The goal is to achieve fault tolerance by enabling the system to recover from failures and continue execution, even in the presence of faults.

What are the differences and tradeoffs of checkpointing vs. logging as a FT technique?

Checkpointing:

  • Saves the entire state of the system/process to persistent storage
  • Requires more I/O during normal operation
  • Faster recovery as the state can be directly loaded
  • May lose work done between checkpoints

Logging:

  • Records information about operations that change the system state
  • Less I/O during normal operation
  • Slower recovery as the log must be replayed
  • Can potentially recover more recent state

What are all the different metrics to think about when comparing the two?

Metrics to consider when comparing:

  1. I/O overhead during normal operation
  2. Storage requirements
  3. Recovery time
  4. Potential data loss
  5. Impact on system performance
  6. Scalability with system size
  7. Complexity of implementation
  8. Flexibility in handling different types of failures
  9. Ability to handle concurrent operations
  10. Consistency guarantees
  11. Adaptability to different workload patterns

Describe and explain the pros/cons/tradeoffs of coordinated, uncoordinated, communication-induced checkpointing.

Uncoordinated Checkpointing

Pros:

  • Simple implementation
  • Nodes can checkpoint independently

Cons:

  • Risk of domino effect during recovery
  • May create many useless checkpoints
  • Requires maintaining multiple checkpoints per process
  • Complex garbage collection needed
  • Potentially excessive storage requirements

Coordinated Checkpointing

Pros:

  • No domino effect
  • Only one checkpoint per process needed
  • Simple garbage collection
  • Guaranteed consistent recovery line

Cons:

  • Requires global coordination
  • May lead to unnecessary checkpoints for some processes
  • Blocking nature during coordination

Communication-Induced Checkpointing

Pros:

  • Non-blocking
  • Reduces unnecessary checkpoints
  • Ensures consistent recovery line

Cons:

  • More complex implementation
  • May still create some unnecessary checkpoints
  • Requires piggybacking checkpoint information on messages

Reason through examples of how changes in factors would impact the choice of FT technique

We mention a number of factors which influence the choice of a FT technique.

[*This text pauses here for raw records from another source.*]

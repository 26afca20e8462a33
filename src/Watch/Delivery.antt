-- ===== src/Watch/Delivery.antt =====
-- Which events a watcher gets, and which a full queue drops.
use my_etcd.Base.{
  ℕ, zero, suc, ◌+◌, ◌-◌, ◌≡◌, ◌≤◌, refl, ap, sym, ◌∙◌, arith, true, Bool-cases, inl, inr, List, [],
  ◌∷◌, ◌++◌, Option, none, some, leb, length, drop, length-append, length-drop, nat_key,
}
use my_etcd.OrdMap.{OrdMap, lookup}
use my_etcd.Types.{WatchEvent}
use my_etcd.Watch.{
  Watcher, WatchManager, make_room, push_event, push_all, matched, notify, is_matched,
  is_matched_at, max_event_queue_size,
}

drop_none : (n : ℕ) → drop {A = WatchEvent} n [] ≡ []
drop_none zero = refl
drop_none (suc n) = refl

drop-append_left :
    (n : ℕ) (xs ys : List WatchEvent) → n ≤ length xs → drop n (xs ++ ys) ≡ drop n xs ++ ys
drop-append_left zero xs ys h = refl
drop-append_left (suc n) [] ys h = absurd (omega arith)
drop-append_left (suc n) (x ∷ xs) ys h = drop-append_left n xs ys (omega arith)

make_room-drop : (n : ℕ) (es : List WatchEvent) → make_room (suc n) es ≡ drop (length es - n) es
unfolding make_room
make_room-drop n [] = sym (drop_none (0 - n))
make_room-drop n (e ∷ es) = elim (Bool-cases (leb (suc n) (suc (length es)))) [
  | inl full ↦
      let more : suc (length es) - n ≡ suc (length es - n) = ground arith in
      rw (full, more) (make_room-drop n es)
  | inr room ↦ let none_over : suc (length es) - n ≡ 0 = ground arith in rw (room, none_over) refl
]

-- Pushing an event keeps the newest 1024 events: what is dropped is the oldest of the queue with the event
-- at its end, and only as many as are above 1024.
push_event-drop :
    (e : WatchEvent) (w : Watcher)
    → ((push_event e w).events
        ≡ drop ((length w.events + 1) - max_event_queue_size) (w.events ++ e ∷ []))
      × (length (push_event e w).events ≤ max_event_queue_size)
unfolding push_event
push_event-drop e w =
    let kept : (push_event e w).events ≡ drop (length w.events - 1023) w.events ++ e ∷ [] =
      ap (λ l. l ++ e ∷ []) (make_room-drop 1023 w.events) in
    let fits : (length w.events - 1023) ≤ length w.events = omega arith in
    let same : (length w.events + 1) - 1024 ≡ length w.events - 1023 = omega arith in
    (
      kept
          ∙ sym (drop-append_left (length w.events - 1023) w.events (e ∷ []) fits)
          ∙ ap (λ k. drop k (w.events ++ e ∷ [])) (sym same),
      rw kept (
          omega (
            arith,
            length-append (drop (length w.events - 1023) w.events) (e ∷ []),
            length-drop (length w.events - 1023) w.events,
          )),
    )

unheard :
    (e : WatchEvent) (o : Option Watcher) → e.kv.mod_revision ≡ 0 → is_matched_at e o ≡ true → ⊥
unfolding is_matched
unheard e none h hit = cc
unheard e (some w) h hit = ground arith

no_match :
    (e : WatchEvent) (objects : OrdMap ℕ Watcher) (ws : OrdMap ℕ ℕ)
    → e.kv.mod_revision ≡ 0
    → matched e objects ws ≡ []
unfolding matched is_matched
no_match e objects [] h = refl
no_match e objects ((i, a) ∷ ws) h = elim (Bool-cases (is_matched_at e (lookup a objects))) [
  | inl hit ↦ absurd (unheard e (lookup a objects) h hit)
  | inr miss ↦ rw miss (no_match e objects ws h)
]

-- An event whose pair has modification revision 0 reaches no watcher, whatever it watches and whatever its
-- start revision is: notifying changes nothing.
pub notify_without_revision :
    (e : WatchEvent) (m : WatchManager) → e.kv.mod_revision ≡ 0 → notify e m ≡ m
unfolding notify
notify_without_revision e m h =
    ap (λ hits. record m { objects = push_all e hits m.objects })
      (no_match e m.objects m.watchers h)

Can you reason through some examples, say considering change in storage cost, or system scale, or read/write ratio of the workload, and whether or how those changes would impact the winner among any two of the techniques we discussed?

Decreasing storage costs

If storage costs decrease significantly, techniques that rely heavily on storage (like pessimistic logging or frequent checkpointing) become more attractive. This might make pessimistic logging more favorable compared to optimistic logging, as the main drawback of immediate persistent storage updates becomes less significant.

Increasing system scale

As systems grow larger, coordinated checkpointing becomes less practical due to the increasing overhead of global coordination. In this case, communication-induced checkpointing or optimistic logging might become more attractive as they do not require global coordination and can scale better with system size.

Changing read/write ratio of the workload

For a workload with a high read-to-write ratio, logging-based approaches might be more efficient than frequent checkpointing. This is because logging only needs to record write operations, which are less frequent in this scenario. Optimistic logging might be particularly effective here, as it allows for faster read operations without immediate persistence requirements.

Improved network speed and reliability

With faster and more reliable networks, the overhead of coordinated checkpointing decreases, potentially making it more attractive compared to uncoordinated approaches. Additionally, causality tracking in optimistic logging becomes more efficient, potentially making it a stronger competitor to pessimistic logging.

Summary

These examples illustrate how changes in system characteristics, workload patterns, and technology can influence the choice of fault tolerance technique. The optimal choice depends on a careful analysis of these factors in the specific context of the system being designed.